- Episode no.: Season 7 Episode 6
- Directed by: Michael Offer
- Written by: Anya Leta; Ron Nyswaner;
- Production code: 7WAH06
- Original air date: March 18, 2018
- Running time: 57 minutes

Guest appearances
- James D'Arcy as Thomas Anson; Dylan Baker as Senator Sam Paley; Mark Ivanir as Ivan Krupin; Costa Ronin as Yevgeny Gromov; Sandrine Holt as Simone Martin; Ellen Adair as Janet Bayne; Catherine Curtin as Sandy Langmore; Peter Vack as Clint Prower; William Popp as Stein; Courtney Grosbeck as Josie Mathison-Dunn; Jennifer Ferrin as Charlotte; Clé Bennett as Doxie Marquis; Ari Fliakos as Carter Bennet;

Episode chronology
| ← Previous "Active Measures" | Next → "Andante" |
- Homeland season 7

= Species Jump =

"Species Jump" is the sixth episode of the seventh season of the American television drama series Homeland, and the 78th episode overall. It premiered on Showtime on March 18, 2018.

== Plot ==
Simone Martin (Sandrine Holt) is served a subpoena to testify in front of Senator Paley's (Dylan Baker) subcommittee. At a proffer session, she is shown evidence of her cash transactions, which was presented to Paley by Dante (Morgan Spector). Martin requests immunity in exchange for naming the person who ordered her to drop off the cash. When it becomes clear that Martin is going to implicate Wellington (Linus Roache), Carrie (Claire Danes) wants to disrupt the proceedings as she believes Wellington to be innocent based on her surveillance. Dante is able to dissuade her. Not knowing how to proceed, Carrie explains the situation to Saul (Mandy Patinkin). As they recount the chain of events, Saul helps Carrie realize that Dante was the originator of the lead on Simone Martin, and that Dante might have been setting Carrie up from the beginning to bring down Wellington.

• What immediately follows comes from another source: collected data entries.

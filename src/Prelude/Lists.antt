-- ===== src/Prelude/Lists.antt =====
-- Lists measured and indexed by native numbers, under the library's names.
use Prim.Native.Nat.{ℕ, zero, suc, ◌+◌, ◌-◌, ◌≤◌, ◌<◌, min}
use mathlib.Core.Path.{◌≡◌, refl, ap, sym, ◌∙◌}
use native.Mathlib.Nat.{suc-add, zero-add, add-zero}
use mathlib.Core.Logic.{◌≢◌}
use mathlib.Core.List.{List, [], ◌∷◌, ◌++◌, map}
use mathlib.Core.Option.{Option, none, some}
use native.Mathlib.Omega.{arith}

module _ {ℓ} {A : Type ℓ} where
  abbrev pub length : List A → ℕ
  length [] = 0
  length (x ∷ xs) = suc (length xs)

  abbrev pub get_elem? : List A → ℕ → Option A
  get_elem? [] i = none
  get_elem? (x ∷ xs) zero = some x
  get_elem? (x ∷ xs) (suc i) = get_elem? xs i

  -- A write out of bounds changes nothing.
  abbrev pub set : List A → ℕ → A → List A
  set [] i v = []
  set (x ∷ xs) zero v = v ∷ xs
  set (x ∷ xs) (suc i) v = x ∷ set xs i v

  pub length-append : (xs ys : List A) → length (xs ++ ys) ≡ length xs + length ys
  length-append [] ys = omega arith
  length-append (x ∷ xs) ys = omega (arith, length-append xs ys)

module _ {ℓ} {A : Type ℓ} where
  pub length-set : (xs : List A) (i : ℕ) (v : A) → length (set xs i v) ≡ length xs
  length-set [] i v = refl
  length-set (x ∷ xs) zero v = refl
  length-set (x ∷ xs) (suc i) v = ap suc (length-set xs i v)

  pub get_elem?-set_self :
      (xs : List A) (i : ℕ) (v : A) → i < length xs → get_elem? (set xs i v) i ≡ some v
  get_elem?-set_self [] i v h = elim h [ ]
  get_elem?-set_self (x ∷ xs) zero v h = refl
  get_elem?-set_self (x ∷ xs) (suc i) v h = get_elem?-set_self xs i v (omega arith)

  pub get_elem?-set_ne :
      (xs : List A) {i j : ℕ} (v : A) → i ≢ j → get_elem? (set xs i v) j ≡ get_elem? xs j
  get_elem?-set_ne [] v h = refl
  get_elem?-set_ne (x ∷ xs) {i = zero} {j = zero} v h = absurd (h refl)
  get_elem?-set_ne (x ∷ xs) {i = zero} {j = suc j} v h = refl
  get_elem?-set_ne (x ∷ xs) {i = suc i} {j = zero} v h = refl
  get_elem?-set_ne (x ∷ xs) {i = suc i} {j = suc j} v h = get_elem?-set_ne xs v (λ e. h (ap suc e))

module _ {ℓ} {A : Type ℓ} where
  abbrev pub get_or : List A → ℕ → A → A
  get_or [] i d = d
  get_or (x ∷ xs) zero d = x
  get_or (x ∷ xs) (suc i) d = get_or xs i d

  abbrev pub take : ℕ → List A → List A
  take zero xs = []
  take (suc n) [] = []
  take (suc n) (x ∷ xs) = x ∷ take n xs

  abbrev pub drop : ℕ → List A → List A
  drop zero xs = xs
  drop (suc n) [] = []
  drop (suc n) (x ∷ xs) = drop n xs

  abbrev pub replicate : ℕ → A → List A
  replicate zero a = []
  replicate (suc n) a = a ∷ replicate n a

  pub take-append-drop : (n : ℕ) (xs : List A) → take n xs ++ drop n xs ≡ xs
  take-append-drop zero xs = refl
  take-append-drop (suc n) [] = refl
  take-append-drop (suc n) (x ∷ xs) = rw (take-append-drop n xs)

  pub length-take : (n : ℕ) (xs : List A) → length (take n xs) ≡ min n (length xs)
  length-take zero xs = omega arith
  length-take (suc n) [] = omega arith
  length-take (suc n) (x ∷ xs) = omega (arith, length-take n xs)

  pub length-drop : (n : ℕ) (xs : List A) → length (drop n xs) ≡ length xs - n
  length-drop zero xs = omega arith
  length-drop (suc n) [] = omega arith
  length-drop (suc n) (x ∷ xs) = omega (arith, length-drop n xs)

  pub length-replicate : (n : ℕ) (a : A) → length (replicate n a) ≡ n
  length-replicate zero a = refl
  length-replicate (suc n) a = ap suc (length-replicate n a)

  pub length-map {κ} : {B : Type κ} (xs : List A) (f : A → B) → length (map f xs) ≡ length xs
  length-map [] f = refl
  length-map (x ∷ xs) f = ap suc (length-map xs f)

module _ {ℓ} {A : Type ℓ} where
  pub drop-nil : (n : ℕ) → drop {A = A} n [] ≡ []
  drop-nil zero = refl
  drop-nil (suc n) = refl

  pub take-nil : (n : ℕ) → take {A = A} n [] ≡ []
  take-nil zero = refl
  take-nil (suc n) = refl

  -- An access at `p + k` is an access at `k` behind the first `p` elements.
  pub get_or-drop : (p k : ℕ) (d : List A) (x : A) → get_or (drop p d) k x ≡ get_or d (p + k) x
  get_or-drop zero k d x = ap (λ j. get_or d j x) (sym (zero-add k))
  get_or-drop (suc p) k [] x = refl
  get_or-drop (suc p) k (y ∷ d) x = rw suc-add (get_or-drop p k d x)

  pub get_or-drop_zero : (p : ℕ) (d : List A) (x : A) → get_or (drop p d) 0 x ≡ get_or d p x
  get_or-drop_zero p d x = get_or-drop p 0 d x ∙ ap (λ j. get_or d j x) (add-zero p)

  pub drop-set : (p k : ℕ) (d : List A) (v : A) → drop p (set d (p + k) v) ≡ set (drop p d) k v
  drop-set zero k d v = ap (λ j. set d j v) (zero-add k)
  drop-set (suc p) k [] v = refl
  drop-set (suc p) k (y ∷ d) v = rw suc-add (drop-set p k d v)

  pub take-set : (p k : ℕ) (d : List A) (v : A) → take p (set d (p + k) v) ≡ take p d
  take-set zero k d v = refl
  take-set (suc p) k [] v = refl
  take-set (suc p) k (y ∷ d) v = rw suc-add (ap (λ l. y ∷ l) (take-set p k d v))

  pub drop-set_zero : (p : ℕ) (d : List A) (v : A) → drop p (set d p v) ≡ set (drop p d) 0 v
  drop-set_zero p d v = ap (λ j. drop p (set d j v)) (sym (add-zero p)) ∙ drop-set p 0 d v

  pub take-set_zero : (p : ℕ) (d : List A) (v : A) → take p (set d p v) ≡ take p d
  take-set_zero p d v = ap (λ j. take p (set d j v)) (sym (add-zero p)) ∙ take-set p 0 d v

  pub drop-drop : (p q : ℕ) (d : List A) → drop q (drop p d) ≡ drop (p + q) d
  drop-drop zero q d = ap (λ j. drop j d) (sym (zero-add q))
  drop-drop (suc p) q [] = drop-nil q ∙ sym (drop-nil (suc p + q))
  drop-drop (suc p) q (y ∷ d) = rw suc-add (drop-drop p q d)

  -- A `std::copy_n` or `std::memcpy` of `src` to offset `p`.
  abbrev pub copy_at : List A → ℕ → List A → List A
  copy_at [] p src = []
  copy_at (x ∷ d) zero [] = x ∷ d
  copy_at (x ∷ d) zero (y ∷ src) = y ∷ copy_at d zero src
  copy_at (x ∷ d) (suc p) src = x ∷ copy_at d p src

  pub copy_at_start :
      (d src : List A) → length src ≤ length d → copy_at d 0 src ≡ src ++ drop (length src) d
  copy_at_start [] [] h = refl
  copy_at_start [] (y ∷ src) h = absurd (omega arith)
  copy_at_start (x ∷ d) [] h = refl
  copy_at_start (x ∷ d) (y ∷ src) h = ap (λ l. y ∷ l) (copy_at_start d src (omega arith))

  pub take-append_length : (xs ys : List A) → take (length xs) (xs ++ ys) ≡ xs
  take-append_length [] ys = refl
  take-append_length (x ∷ xs) ys = ap (λ l. x ∷ l) (take-append_length xs ys)

  pub drop-append_length : (xs ys : List A) → drop (length xs) (xs ++ ys) ≡ ys
  drop-append_length [] ys = refl
  drop-append_length (x ∷ xs) ys = drop-append_length xs ys

  pub take_all : (xs : List A) → take (length xs) xs ≡ xs
  take_all [] = refl
  take_all (x ∷ xs) = ap (λ l. x ∷ l) (take_all xs)

abbrev pub All {ℓ κ} : {A : Type ℓ} → (A → Type κ) → List A → Type κ
All P [] = Unit
All P (x ∷ xs) = P x × All P xs

module _ {ℓ} {A : Type ℓ} where
  pub get_or-take : (q i : ℕ) (d : List A) (x : A) → i < q → get_or (take q d) i x ≡ get_or d i x
  get_or-take zero i d x h = elim h [ ]
  get_or-take (suc q) i [] x h = refl
  get_or-take (suc q) zero (y ∷ d) x h = refl
  get_or-take (suc q) (suc i) (y ∷ d) x h = get_or-take q i d x (omega arith)

module _ {ℓ} {A : Type ℓ} where
  pub length-copy_at : (d src : List A) → length (copy_at d 0 src) ≡ length d
  length-copy_at [] src = refl
  length-copy_at (x ∷ d) [] = refl
  length-copy_at (x ∷ d) (y ∷ src) = ap suc (length-copy_at d src)
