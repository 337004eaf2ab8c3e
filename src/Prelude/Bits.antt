-- ===== src/Prelude/Bits.antt =====
-- Laws of `bit_and` and `bit_or` at variables: one bit at a time, then the masks and the
-- shift-and-or forms that the byte code and the bitmap use.
use Prim.Native.Nat.{ℕ, zero, suc, ◌+◌, ◌-◌, ◌*◌, ◌/◌, ◌%◌, ◌^◌, ◌≤◌, ◌<◌, min, max}
use Prim.Native.Nat.{bit_and, bit_or, digits, bit_and-bitwise, bit_or-bitwise}
use mathlib.Core.Path.{◌≡◌, refl, ap, ◌∙◌}
use mathlib.Core.Logic.{◌≢◌}
use native.Mathlib.Nat.{pow-suc, pow-succ' as pow-suc', add-mul-mod_self_left, mod-eq_of_lt, mod-lt}
use native.Mathlib.Nat.{div-add-mod, div-div-eq-div-mul}
use native.Mathlib.Omega.{arith}

-- Fuel that reaches the first number is enough for the library's loop over the digits.
module _ (rest : ℕ → ℕ) (op : ℕ → ℕ → ℕ) where
  enough_digits : (a b x y : ℕ) → a ≤ x → a ≤ y → digits rest op x a b ≡ digits rest op y a b
  enough_digits zero b zero zero _ _ = refl
  enough_digits zero b zero (suc y) _ _ = refl
  enough_digits zero b (suc x) zero _ _ = refl
  enough_digits zero b (suc x) (suc y) _ _ = refl
  enough_digits (suc a) b zero y h _ = absurd (omega arith)
  enough_digits (suc a) b (suc x) zero _ k = absurd (omega arith)
  enough_digits (suc a) b (suc x) (suc y) h k =
      let shorter = enough_digits (suc a / 2) (b / 2) x y (omega arith) (omega arith) in
      omega (arith, shorter)

  next_digit :
      (a b : ℕ)
      → digits rest op (suc a) (suc a) b
        ≡ digits rest op (suc a / 2) (suc a / 2) (b / 2) * 2 + op (suc a % 2) (b % 2)
  next_digit a b =
      let half = suc a / 2 in
      omega (arith, enough_digits half (b / 2) a half (omega arith) (omega arith))

pub bit_and_step : (a b : ℕ) → bit_and a b ≡ bit_and (a / 2) (b / 2) * 2 + min (a % 2) (b % 2)
bit_and_step zero b = omega (arith, bit_and-bitwise 0 b, bit_and-bitwise 0 (b / 2))
bit_and_step (suc a) b =
    let whole = bit_and-bitwise (suc a) b in
    let half = bit_and-bitwise (suc a / 2) (b / 2) in
    omega (arith, whole, half, next_digit (λ _. zero) min a b)

pub zero-bit_or : (b : ℕ) → bit_or 0 b ≡ b
zero-bit_or b = bit_or-bitwise 0 b

pub bit_or_step : (a b : ℕ) → bit_or a b ≡ bit_or (a / 2) (b / 2) * 2 + max (a % 2) (b % 2)
bit_or_step zero b = omega (arith, bit_or-bitwise 0 b, bit_or-bitwise 0 (b / 2))
bit_or_step (suc a) b =
    let whole = bit_or-bitwise (suc a) b in
    let half = bit_or-bitwise (suc a / 2) (b / 2) in
    omega (arith, whole, half, next_digit (λ x. x) max a b)

-- Induction on a number by its halves, up to a bound.
by_halves {ℓ} :
    (P : ℕ → Type ℓ) → P 0 → ((a : ℕ) → P (suc a / 2) → P (suc a)) → (bound a : ℕ) → a ≤ bound → P a
by_halves P base next bound zero h = base
by_halves P base next zero (suc a) h = absurd (omega arith)
by_halves P base next (suc bound) (suc a) h =
    next a (by_halves P base next bound (suc a / 2) (omega arith))

-- The two steps read as equations about the lowest bit and the rest.
pub half-bit_and : (a b : ℕ) → bit_and a b / 2 ≡ bit_and (a / 2) (b / 2)
half-bit_and a b = omega (arith, bit_and_step a b)

pub low-bit_and : (a b : ℕ) → bit_and a b % 2 ≡ min (a % 2) (b % 2)
low-bit_and a b = omega (arith, bit_and_step a b)

pub half-bit_or : (a b : ℕ) → bit_or a b / 2 ≡ bit_or (a / 2) (b / 2)
half-bit_or a b = omega (arith, bit_or_step a b)

pub low-bit_or : (a b : ℕ) → bit_or a b % 2 ≡ max (a % 2) (b % 2)
low-bit_or a b = omega (arith, bit_or_step a b)

pub bit_and-zero : (a : ℕ) → bit_and a 0 ≡ 0
bit_and-zero a =
    by_halves (λ a. bit_and a 0 ≡ 0) (bit_and-bitwise 0 0)
      (λ a half. omega (arith, half, bit_and_step (suc a) 0)) a a (omega arith)

pub bit_and-one : (a : ℕ) → bit_and a 1 ≡ a % 2
bit_and-one a = omega (arith, bit_and_step a 1, bit_and-zero (a / 2))

pub bit_or-zero : (a : ℕ) → bit_or a 0 ≡ a
bit_or-zero a =
    by_halves (λ a. bit_or a 0 ≡ a) (bit_or-bitwise 0 0)
      (λ a half. omega (arith, half, bit_or_step (suc a) 0)) a a (omega arith)

pub pow2_pos : (k : ℕ) → 0 < 2 ^ k
pow2_pos zero = omega arith
pow2_pos (suc k) = rw pow-suc (omega (arith, pow2_pos k))

mod-double : (a m : ℕ) → 0 < m → a % (m * 2) ≡ a / 2 % m * 2 + a % 2
mod-double a m h =
    ap (λ t. t % (m * 2)) split
    ∙ add-mul-mod_self_left (a / 2 % m * 2 + a % 2) (m * 2) (a / 2 / m)
    ∙ mod-eq_of_lt (omega (arith, mod-lt (a / 2) h))
  where
    split : a ≡ a / 2 % m * 2 + a % 2 + m * 2 * (a / 2 / m)
    split = omega (arith, div-add-mod (a / 2) m)

half-ones : (m : ℕ) → 0 < m → (m * 2 - 1) / 2 ≡ m - 1
half-ones m h = omega arith

-- A mask of k ones keeps the remainder by 2 ^ k.
pub bit_and_ones : (k a : ℕ) → bit_and a (2 ^ k - 1) ≡ a % 2 ^ k
bit_and_ones zero a = bit_and-zero a ∙ omega arith
bit_and_ones (suc k) a = rw (pow-suc 2 k) (
    rw (bit_and_step a (2 ^ k * 2 - 1), half-ones (2 ^ k) (pow2_pos k), bit_and_ones k (a / 2))
      (omega (arith, mod-double a (2 ^ k) (pow2_pos k), pow2_pos k)))

half-shift : (a m : ℕ) → a * (m * 2) / 2 ≡ a * m
half-shift a m = omega arith

-- What is shifted left by k and what is below 2 ^ k are joined without a carry.
pub bit_or_shift : (k a b : ℕ) → b < 2 ^ k → bit_or (a * 2 ^ k) b ≡ a * 2 ^ k + b
bit_or_shift zero a b h = rw (b0, bit_or-zero (a * 1)) (omega arith)
  where
    b0 : b ≡ 0
    b0 = omega arith
bit_or_shift (suc k) a b h = rw (pow-suc 2 k) (
    rw (bit_or_step (a * (2 ^ k * 2)) b, half-shift a (2 ^ k), bit_or_shift k a (b / 2) small)
      (omega arith))
  where
    small : b / 2 < 2 ^ k
    small = omega (arith, pow-suc 2 k)

-- Bit j of a word.
unfoldable pub bit : ℕ → ℕ → ℕ
bit zero a = a % 2
bit (suc j) a = bit j (a / 2)

pub bit_lem : (j a : ℕ) → a / 2 ^ j % 2 ≡ bit j a
unfolding bit
bit_lem zero a = omega arith
bit_lem (suc j) a = rw (pow-suc' 2 j, ← div-div-eq-div-mul a 2 (2 ^ j)) (bit_lem j (a / 2))

pub bit-bit_and : (j a b : ℕ) → bit j (bit_and a b) ≡ min (bit j a) (bit j b)
unfolding bit
bit-bit_and zero a b = low-bit_and a b
bit-bit_and (suc j) a b = rw (half-bit_and a b) (bit-bit_and j (a / 2) (b / 2))

pub bit-bit_or : (j a b : ℕ) → bit j (bit_or a b) ≡ max (bit j a) (bit j b)
unfolding bit
bit-bit_or zero a b = low-bit_or a b
bit-bit_or (suc j) a b = rw (half-bit_or a b) (bit-bit_or j (a / 2) (b / 2))

pub bit-le-one : (j a : ℕ) → bit j a ≤ 1
unfolding bit
bit-le-one zero a = omega arith
bit-le-one (suc j) a = bit-le-one j (a / 2)

pub bit-zero : (j : ℕ) → bit j 0 ≡ 0
unfolding bit
bit-zero zero = refl
bit-zero (suc j) = bit-zero j

half-double : (m : ℕ) → m * 2 / 2 ≡ m
half-double m = omega arith

-- The word 1 << k has bit k alone.
pub bit-pow2_self : (k : ℕ) → bit k (2 ^ k) ≡ 1
unfolding bit
bit-pow2_self zero = refl
bit-pow2_self (suc k) = rw (pow-suc 2 k, half-double (2 ^ k)) (bit-pow2_self k)

pub bit-pow2_ne : (j k : ℕ) → j ≢ k → bit j (2 ^ k) ≡ 0
unfolding bit
bit-pow2_ne zero zero h = absurd (h refl)
bit-pow2_ne zero (suc k) h = rw (pow-suc 2 k) (omega arith)
bit-pow2_ne (suc j) zero h = bit-zero j
bit-pow2_ne (suc j) (suc k) h =
    rw (pow-suc 2 k, half-double (2 ^ k)) (bit-pow2_ne j k (λ e. h (ap suc e)))

-- The word ~(1 << k), in w bits, has every bit below w but k.
half-hole : (m p : ℕ) → p < m → (m * 2 - 1 - p * 2) / 2 ≡ m - 1 - p
half-hole m p h = omega arith

bit-ones : (w j : ℕ) → j < w → bit j (2 ^ w - 1) ≡ 1
unfolding bit
bit-ones zero j h = elim h [ ]
bit-ones (suc w) zero h = rw (pow-suc 2 w) (omega (arith, pow2_pos w))
bit-ones (suc w) (suc j) h =
    rw (pow-suc 2 w, half-ones (2 ^ w) (pow2_pos w)) (bit-ones w j (omega arith))

pub pow2_lt : (k w : ℕ) → k < w → 2 ^ k < 2 ^ w
pow2_lt k zero h = elim h [ ]
pow2_lt zero (suc w) h = rw (pow-suc 2 w) (omega (arith, pow2_pos w))
pow2_lt (suc k) (suc w) h = rw (pow-suc 2 w, pow-suc 2 k) (omega (arith, pow2_lt k w (omega arith)))

pub bit-hole_self : (w k : ℕ) → k < w → bit k (2 ^ w - 1 - 2 ^ k) ≡ 0
unfolding bit
bit-hole_self zero k h = elim h [ ]
bit-hole_self (suc w) zero h = rw (pow-suc 2 w) (omega (arith, pow2_pos w))
bit-hole_self (suc w) (suc k) h =
    rw (pow-suc 2 w, pow-suc 2 k, half-hole (2 ^ w) (2 ^ k) (pow2_lt k w (omega arith)))
      (bit-hole_self w k (omega arith))

half-hole_zero : (m : ℕ) → 0 < m → (m * 2 - 1 - 1) / 2 ≡ m - 1
half-hole_zero m h = omega arith

pub bit-hole_ne : (w j k : ℕ) → j < w → k < w → j ≢ k → bit j (2 ^ w - 1 - 2 ^ k) ≡ 1
unfolding bit
bit-hole_ne zero j k h p e = elim h [ ]
bit-hole_ne (suc w) zero zero h p e = absurd (e refl)
bit-hole_ne (suc w) zero (suc k) h p e =
    rw (pow-suc 2 w, pow-suc 2 k) (omega (arith, pow2_lt k w (omega arith)))
bit-hole_ne (suc w) (suc j) zero h p e =
    rw (pow-suc 2 w, half-hole_zero (2 ^ w) (pow2_pos w)) (bit-ones w j (omega arith))
bit-hole_ne (suc w) (suc j) (suc k) h p e =
    rw (pow-suc 2 w, pow-suc 2 k, half-hole (2 ^ w) (2 ^ k) (pow2_lt k w (omega arith)))
      (bit-hole_ne w j k (omega arith) (omega arith) (λ q. e (ap suc q)))

-- The same with the low part first.
pub bit_or_shift_low : (k a b : ℕ) → b < 2 ^ k → bit_or b (a * 2 ^ k) ≡ a * 2 ^ k + b
bit_or_shift_low zero a b h = rw (b0, zero-bit_or (a * 1)) (omega arith)
  where
    b0 : b ≡ 0
    b0 = omega arith
bit_or_shift_low (suc k) a b h = rw (pow-suc 2 k) (
    rw (bit_or_step b (a * (2 ^ k * 2)), half-shift a (2 ^ k), bit_or_shift_low k a (b / 2) small)
      (omega arith))
  where
    small : b / 2 < 2 ^ k
    small = omega (arith, pow-suc 2 k)
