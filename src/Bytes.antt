-- ===== src/Bytes.antt =====
-- core/include/radio/bytes.hpp: big- and little-endian loads and stores over byte buffers.
-- A buffer is the list of its bytes, and a `std::byte*` into it is an offset. A store past the end
-- changes nothing; a load past the end gives `oob`, which every load takes as a parameter, so that
-- a result that does not depend on `oob` was computed without such a read.
pub mod Laws
pub mod Stores
mod Tests
use full_duplex_radio.Prelude.{ℕ, ◌+◌, ◌*◌, ◌/◌, ◌%◌, ◌^◌, ◌<◌, bit_and, bit_or, List, get_or, set}

abbrev pub IsByte : ℕ → Type 0
IsByte b = b < 256

-- `<<` on a uint32_t.
abbrev pub shl32 : ℕ → ℕ → ℕ
shl32 x k = x * 2 ^ k % 2 ^ 32

-- The low byte of `v >> k`, as the stores write it.
abbrev pub byte_at : ℕ → ℕ → ℕ
byte_at v k = bit_and (v / 2 ^ k) 0xFF

module _ (oob : ℕ) where
  unfoldable pub load_be16 : List ℕ → ℕ → ℕ
  load_be16 d p = bit_or (shl32 (get_or d p oob) 8) (get_or d (p + 1) oob) % 2 ^ 16

  unfoldable pub load_be32 : List ℕ → ℕ → ℕ
  load_be32 d p =
      bit_or
        (bit_or (bit_or (shl32 (get_or d p oob) 24) (shl32 (get_or d (p + 1) oob) 16))
          (shl32 (get_or d (p + 2) oob) 8))
        (get_or d (p + 3) oob)

  unfoldable pub load_be64 : List ℕ → ℕ → ℕ
  unfolding load_be32
  load_be64 d p = bit_or (load_be32 d p * 2 ^ 32 % 2 ^ 64) (load_be32 d (p + 4))

  unfoldable pub load_le16 : List ℕ → ℕ → ℕ
  load_le16 d p = bit_or (get_or d p oob) (shl32 (get_or d (p + 1) oob) 8) % 2 ^ 16

  unfoldable pub load_le32 : List ℕ → ℕ → ℕ
  load_le32 d p =
      bit_or
        (bit_or (bit_or (get_or d p oob) (shl32 (get_or d (p + 1) oob) 8))
          (shl32 (get_or d (p + 2) oob) 16))
        (shl32 (get_or d (p + 3) oob) 24)

unfoldable pub store_be16 : List ℕ → ℕ → ℕ → List ℕ
store_be16 d p v = set (set d p (byte_at v 8)) (p + 1) (byte_at v 0)

unfoldable pub store_be32 : List ℕ → ℕ → ℕ → List ℕ
store_be32 d p v =
    set (set (set (set d p (byte_at v 24)) (p + 1) (byte_at v 16)) (p + 2) (byte_at v 8)) (p + 3)
      (byte_at v 0)

unfoldable pub store_be64 : List ℕ → ℕ → ℕ → List ℕ
unfolding store_be32
store_be64 d p v =
    store_be32 (store_be32 d p (v / 2 ^ 32 % 2 ^ 32)) (p + 4) (bit_and v 0xFFFFFFFF % 2 ^ 32)

unfoldable pub store_le16 : List ℕ → ℕ → ℕ → List ℕ
store_le16 d p v = set (set d p (byte_at v 0)) (p + 1) (byte_at v 8)

unfoldable pub store_le32 : List ℕ → ℕ → ℕ → List ℕ
store_le32 d p v =
    set (set (set (set d p (byte_at v 0)) (p + 1) (byte_at v 8)) (p + 2) (byte_at v 16)) (p + 3)
      (byte_at v 24)
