-- ===== src/Bytes/Laws.antt =====
-- bytes.hpp: what the shifts and masks of the loads and stores compute, on bytes.
use full_duplex_radio.Prelude.{
  ℕ, ◌+◌, ◌*◌, ◌/◌, ◌%◌, ◌^◌, ◌<◌, ◌≡◌, bit_or, arith, bit_or_shift, bit_or_shift_low, bit_and_ones,
}
use full_duplex_radio.Bytes.{IsByte, shl32, byte_at}

pub byte_at_lem : (v k : ℕ) → byte_at v k ≡ v / 2 ^ k % 256
byte_at_lem v k = bit_and_ones 8 (v / 2 ^ k)

pub join16 : (a b : ℕ) → IsByte a → IsByte b → bit_or (shl32 a 8) b % 2 ^ 16 ≡ a * 256 + b
join16 a b ha hb = rw (e, bit_or_shift 8 a b hb) (omega arith)
  where
    e : shl32 a 8 ≡ a * 2 ^ 8
    e = omega arith

pub join32 :
    (a b c d : ℕ)
    → IsByte a
    → IsByte b
    → IsByte c
    → IsByte d
    → bit_or (bit_or (bit_or (shl32 a 24) (shl32 b 16)) (shl32 c 8)) d
      ≡ ((a * 256 + b) * 256 + c) * 256 + d
join32 a b c d ha hb hc hd =
    rw (ea, eb, ec)
      (rw (bit_or_shift 24 a (b * 2 ^ 16) (omega arith), e1)
        (rw (bit_or_shift 16 (a * 256 + b) (c * 2 ^ 8) (omega arith), e2)
          (rw (bit_or_shift 8 ((a * 256 + b) * 256 + c) d hd) (omega arith))))
  where
    ea : shl32 a 24 ≡ a * 2 ^ 24
    ea = omega arith

    eb : shl32 b 16 ≡ b * 2 ^ 16
    eb = omega arith

    ec : shl32 c 8 ≡ c * 2 ^ 8
    ec = omega arith

    e1 : a * 2 ^ 24 + b * 2 ^ 16 ≡ (a * 256 + b) * 2 ^ 16
    e1 = omega arith

    e2 : (a * 256 + b) * 2 ^ 16 + c * 2 ^ 8 ≡ ((a * 256 + b) * 256 + c) * 2 ^ 8
    e2 = omega arith

pub join64 :
    (hi lo : ℕ) → hi < 2 ^ 32 → lo < 2 ^ 32 → bit_or (hi * 2 ^ 32 % 2 ^ 64) lo ≡ hi * 2 ^ 32 + lo
join64 hi lo h l = rw (e, bit_or_shift 32 hi lo l)
  where
    e : hi * 2 ^ 32 % 2 ^ 64 ≡ hi * 2 ^ 32
    e = omega arith

pub join_le16 : (a b : ℕ) → IsByte a → IsByte b → bit_or a (shl32 b 8) % 2 ^ 16 ≡ b * 256 + a
join_le16 a b ha hb = rw (e, bit_or_shift_low 8 b a ha) (omega arith)
  where
    e : shl32 b 8 ≡ b * 2 ^ 8
    e = omega arith

pub join_le32 :
    (a b c d : ℕ)
    → IsByte a
    → IsByte b
    → IsByte c
    → IsByte d
    → bit_or (bit_or (bit_or a (shl32 b 8)) (shl32 c 16)) (shl32 d 24)
      ≡ ((d * 256 + c) * 256 + b) * 256 + a
join_le32 a b c d ha hb hc hd =
    rw (eb, ec, ed)
      (rw
        (
          bit_or_shift_low 8 b a ha,
          bit_or_shift_low 16 c (b * 2 ^ 8 + a) (omega arith),
          bit_or_shift_low 24 d (c * 2 ^ 16 + (b * 2 ^ 8 + a)) (omega arith),
        )
        (omega arith))
  where
    eb : shl32 b 8 ≡ b * 2 ^ 8
    eb = omega arith

    ec : shl32 c 16 ≡ c * 2 ^ 16
    ec = omega arith

    ed : shl32 d 24 ≡ d * 2 ^ 24
    ed = omega arith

Saul recruits ex-CIA Russia expert Sandy (Catherine Curtin) and tech guru Clint (Peter Vack) to begin investigating Russia's possible disinformation campaign. When a video of Wellington confronting Simone Martin goes viral, Clint deduces that the video originally came from a network of automated social media accounts —the same ones that disseminated the fake story about the supposed death of J.J. Elkins.

Ivan Krupin (Mark Ivanir) requests a meeting with Yevgeny Gromov (Costa Ronin) where he orders Yevgeny to cease operations that have led to the deaths of American citizens on U.S. soil, a violation of their protocol. Yevgeny dismisses Ivan's concerns as those of an outdated regime. Shortly afterwards, Ivan is drowned by Yevgeny's henchmen. Saul finds his necklace at the scene after receiving Ivan's distress signal.

Carrie organizes a celebration at a local bar, inviting Max (Maury Sterling), Dante, Anson (James D'Arcy), Stein (William Popp), Doxie (Clé Bennett), and Bennet (Ari Fliakos). Carrie seduces Dante and they go back to his apartment. As they kiss, Dante falls unconscious, having been drugged by Carrie. The rest of Carrie's team enters the apartment to search and take photos.

== Production ==
The episode was directed by Michael Offer and co-written by Anya Leta and executive producer Ron Nyswaner.

== Reception ==
=== Reviews ===
The episode received an approval rating of 100% on the review aggregator Rotten Tomatoes based on 10 reviews. The website's critical consensus is, "'Species Jump' doesn't disappoint when it comes to the long-awaited reunion of Carrie and Saul as the season's disparate threads come together to form a tantalizing central conflict."

New York Magazines Brian Tallerico had very high praise for the episode, rating it 5 out of 5 stars, and calling it "one of its best episodes in years". Tallerico credited "the tight writing and direction" and continued "it’s an episode that plays with what we know about these characters — Carrie’s recklessness and Saul’s brilliance — and reminds us just how ambitious this season has been overall". Scott Von Doviak of The A.V. Club gave the episode a "B+" grade, and commented on the Saul/Carrie scene "their scene this week is critical in that it re-centers Carrie in the narrative with the big reveal about Dante".

=== Ratings ===
The original broadcast was watched by 1.25 million viewers.